Hey Just wondering if anyone has found an athletic type of sock other than the Nike Elite that has yielded simular results ?? Appreciate all your info in advance  thank u!


----------



## Redneck Heaven (Aug 14, 2013)

JordanLara said:


> Hey Just wondering if anyone has found an athletic type of sock other than the Nike Elite that has yielded simular results ?? Appreciate all your info in advance  thank u!


Try usahockeysocks.com....they might sell blanks...not sure


----------



## headfirst (Jun 29, 2011)

a4 sells a similar sock


----------



## JordanLara (Jun 13, 2012)

appreciate the info guys im going to check into it!


----------



## Camouflage Cow (Aug 2, 2013)

Just look for any sock that has at least a 50% polyester content and they should take a sublimation image

Kind regards,

Craig


----------



## JYA (Jun 2, 2008)

headfirst said:


> a4 sells a similar sock


Again, depending upon what everyone's expectations are of the finished product, the A4's did not meet mine.


----------



## JordanLara (Jun 13, 2012)

Camouflage Cow said:


> Just look for any sock that has at least a 50% polyester content and they should take a sublimation image
> 
> Kind regards,
> 
> Craig


Thank u for your response, so if a sock has a higher polyester content will the colors be brighter? sounds like that would be the case right


----------



## skdave (Apr 11, 2008)

The more poly the better.


----------



## JordanLara (Jun 13, 2012)

I just found 99% polyester at a local shoe store! And they're a sport style  we'll see how we'll this goes


----------



## bns1201 (Mar 20, 2012)

JordanLara said:


> I just found 99% polyester at a local shoe store! And they're a sport style  we'll see how we'll this goes


Would you mind posting the style? Keep us updated on the results please!


----------



## monogrammktplc (Mar 31, 2011)

After reading soo much about these million dollar socks here on the forums I had to give it a try myself. I picked up some socks at sports authority that are their brand. So far its been fun and they turn out pretty good. The hardest part has not been the side design void but finding out how not to overstretch them during printing. 
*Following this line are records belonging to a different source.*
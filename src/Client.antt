-- ===== src/Client.antt =====
-- ingestor/src/rpc.rs, `Rpc`: the client of the daemon over HTTP.
pub mod Wire
pub mod Errors
pub mod Replies
use Prim.Native.Char.{Char, code}
use Prim.Native.String.{String, ◌++◌ as ◌++ˢ◌, [] as nil, ◌∷◌ as ◌∷ˢ◌}
use text.Mathlib.Text.{◌==◌ as str_eq}
use block_ex.Prelude.{
  ℕ, ◌+◌, ◌==◌, ◌&&◌, not, Bool, true, false, Option, none, some, List, [], ◌∷◌, ◌++◌, leb, ltb,
  if◌then◌else◌,
}
use block_ex.Prelude.Int.{ℤ}
use block_ex.External.{Json}
use block_ex.Rpc.{
  MoneroRpc, Capabilities, BlockHeader, GetBlockHeaderByHeightResult, GetBlockResult,
  GetTransactionsResult, GetBlockCountResult,
}
use block_ex.Client.Wire.{
  Params, unit, height, range, block, txs_hashes, Request, call, post, get, head, Answer, Http,
  Schemas, RpcResponse, success, failure, untagged,
}

-- `strip_suffix(…).unwrap_or(…)`
unfoldable pub strip_suffix : String → String → Option String
strip_suffix suffix nil = if str_eq nil suffix then some nil else none
strip_suffix suffix (c ∷ˢ s) =
    let rest = strip_suffix suffix s in
    if str_eq (c ∷ˢ s) suffix then some nil else elim rest [ none ↦ none | some t ↦ some (c ∷ˢ t) ]

-- `trim_end_matches`
unfoldable pub trim_end_matches : ℕ → String → String
trim_end_matches d nil = nil
trim_end_matches d (c ∷ˢ s) =
    let rest = trim_end_matches d s in if (code c == d) && str_eq rest nil then nil else c ∷ˢ rest

abbrev or_base : String → Option String → String
or_base base none = base
or_base base (some s) = s

pub record Rpc : Type 0 where
  pub base_json : String
  pub base_rest : String

unfoldable pub new : String → Rpc
unfolding strip_suffix trim_end_matches
new base = record {
  base_json = base;
  base_rest = trim_end_matches 47 (or_base base (strip_suffix "/json_rpc" base));
}

-- How many requests were sent, and the labels of the counter `rpc_errors_total`, each time that it
-- was incremented.
pub record ClientState : Type 0 where
  pub requests : ℕ
  pub rpc_errors : List String

abbrev pub C {ℓ} : Type ℓ → Type ℓ
C A = ClientState → Option A × ClientState

abbrev continue {ℓ κ} : {A : Type ℓ} {B : Type κ} → Option A → (A → C B) → C B
continue (some a) f s = f a s
continue none f s = (none, s)

infixl 5 ◌>>=◌
abbrev pub ◌>>=◌ {ℓ κ} : {A : Type ℓ} {B : Type κ} → C A → (A → C B) → C B
◌>>=◌ m f s = continue (m s).0 f (m s).1

abbrev pub pure {ℓ} : {A : Type ℓ} → A → C A
pure a s = (some a, s)

-- `record_rpc_error(method)`, and the error that is returned.
unfoldable pub fail {ℓ} : {A : Type ℓ} → String → C A
fail method s = (none, record s { rpc_errors = s.rpc_errors ++ method ∷ [] })

-- `.map_err(|err| { record_rpc_error(method); err })`
unfoldable pub counted {ℓ} : {A : Type ℓ} → String → Option A → C A
unfolding fail
counted method none = fail method
counted method (some a) = pure a

-- `StatusCode::is_success`
abbrev pub is_success : ℕ → Bool
is_success status = leb 200 status && ltb status 300

-- The answer to a call that came back.
unfoldable pub result_of {ℓ} : {A : Type ℓ} → String → RpcResponse A → C A
unfolding fail
result_of method (success result) = pure result
result_of method (failure error) = fail method

unfoldable pub if_success {ℓ} : {A : Type ℓ} → String → ℕ → C A → C A
unfolding fail
if_success method status rest = elim (is_success status) [ true ↦ rest | false ↦ fail method ]

module _ (http : Http) (json : Json) (schemas : Schemas json) (rpc : Rpc) where
  unfoldable pub send : Request → ClientState → Option Answer × ClientState
  send req s = (http.send s.requests req, record s { requests = s.requests + 1 })

  -- A request whose failure is counted.
  unfoldable pub send_counted : String → Request → C Answer
  unfolding send counted
  send_counted method req s = let (r, s') = send req s in counted method r s'

  unfoldable pub raw_call {ℓ} : {A : Type ℓ} → (json.Value → Option A) → String → Params → C A
  unfolding send_counted counted if_success result_of
  raw_call decode method params = do
    res ← send_counted method (call rpc.base_json method params)
    v ← counted method (json.from_str res.body)
    if_success method res.status (do
      response ← counted method (untagged json decode schemas.rpc_error v)
      result_of method response)

  abbrev is_some {ℓ} : {A : Type ℓ} → Option A → Bool
  is_some none = false
  is_some (some a) = true

  abbrev succeeded : Option Answer → Bool
  succeeded none = false
  succeeded (some res) = is_success res.status

  -- `match head { Ok(res) if success => true, _ => match get { … } }`
  abbrev or_get : String → Option Answer × ClientState → Bool × ClientState
  or_get url (r, s) = elim (succeeded r) as (λ _. Bool × ClientState) [
    | true ↦ (true, s)
    | false ↦ let (r', s') = send (get url) s in (succeeded r', s')
  ]

  unfoldable pub probe_caps : ClientState → Capabilities × ClientState
  unfolding raw_call send
  probe_caps s =
      let (hdrs, s₁) = raw_call (λ v. some v) "get_block_headers_range" (range 0 0) s in
      let url = rpc.base_rest ++ˢ "/get_blocks_by_height.bin?heights=0" in
      let (bin_ok, s₂) = or_get url (send (head url) s₁) in
      (record { headers_range = is_some hdrs; blocks_by_height_bin = bin_ok }, s₂)

  unfoldable pub get_block_header_by_height : ℕ → C GetBlockHeaderByHeightResult
  get_block_header_by_height h =
      raw_call schemas.header_by_height "get_block_header_by_height" (height h)

  unfoldable pub get_block_headers_range : ℕ → ℕ → C (List BlockHeader)
  unfolding raw_call fail
  get_block_headers_range start end = do
    r ← raw_call schemas.headers_range "get_block_headers_range" (range start end)
    if str_eq r.status "OK" then pure r.headers else fail "get_block_headers_range"

  unfoldable pub get_block : String → Bool → C GetBlockResult
  get_block hash fill_pow = raw_call schemas.block "get_block" (block hash fill_pow)

  unfoldable pub get_block_count : C GetBlockCountResult
  get_block_count = raw_call schemas.block_count "get_block_count" unit

  unfoldable pub get_transactions : List String → C GetTransactionsResult
  unfolding send_counted if_success counted
  get_transactions hashes = do
    res ←
        send_counted "get_transactions"
          (post (rpc.base_rest ++ˢ "/get_transactions") (txs_hashes hashes true false))
    if_success "get_transactions" res.status
        (counted "get_transactions" (schemas.transactions res.body))

  unfoldable pub get_transaction_pool_hashes : C (List String)
  unfolding send_counted if_success counted fail
  get_transaction_pool_hashes = do
    res ←
        send_counted "get_transaction_pool_hashes"
          (get (rpc.base_rest ++ˢ "/get_transaction_pool_hashes"))
    body ← counted "get_transaction_pool_hashes" (schemas.pool_hashes res.body)
    if_success "get_transaction_pool_hashes" res.status (
        if str_eq body.status "OK" then pure body.tx_hashes else fail "get_transaction_pool_hashes")

  abbrev asked : ℕ → ClientState
  asked n = record { requests = n; rpc_errors = [] }

  -- `impl MoneroRpc for Rpc`, where a call is told apart by the number of requests before it.
  unfoldable pub as_monero_rpc : MoneroRpc
  unfolding get_block_header_by_height get_block_headers_range get_block get_transactions
      get_block_count get_transaction_pool_hashes probe_caps
  as_monero_rpc = record {
    get_block_header_by_height = λ n h. (get_block_header_by_height h (asked n)).0;
    get_block_headers_range = λ n start end. (get_block_headers_range start end (asked n)).0;
    get_block = λ n hash fill_pow. (get_block hash fill_pow (asked n)).0;
    get_transactions = λ n hashes. (get_transactions hashes (asked n)).0;
    get_block_count = λ n. (get_block_count (asked n)).0;
    get_transaction_pool_hashes = λ n. (get_transaction_pool_hashes (asked n)).0;
    probe_caps = λ n. (probe_caps (asked n)).0;
  }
I have the target audience in my household and since 13yr olds are not too picky, he thinks they are greAt! !! Will post pictures of him wearing them at aomw point. 

Thanka for the inspiration!

Sent from my SAMSUNG-SGH-I747 using T-Shirt Forums


----------



## skdave (Apr 11, 2008)

Good for you. You understand the market. Have fun.


----------



## mgparrish (Jul 9, 2005)

monogrammktplc said:


> After reading soo much about these million dollar socks here on the forums I had to give it a try myself. I picked up some socks at sports authority that are their brand. So far its been fun and they turn out pretty good. The hardest part has not been the side design void but finding out how not to overstretch them during printing.
> 
> I have the target audience in my household and since 13yr olds are not too picky, he thinks they are greAt! !! Will post pictures of him wearing them at aomw point.
> 
> ...


I think for "street wear" the sock of choice would be Nike Elites. If you check most these sites that are getting a premium for the socks ... like $60 a pair those are a specific brand.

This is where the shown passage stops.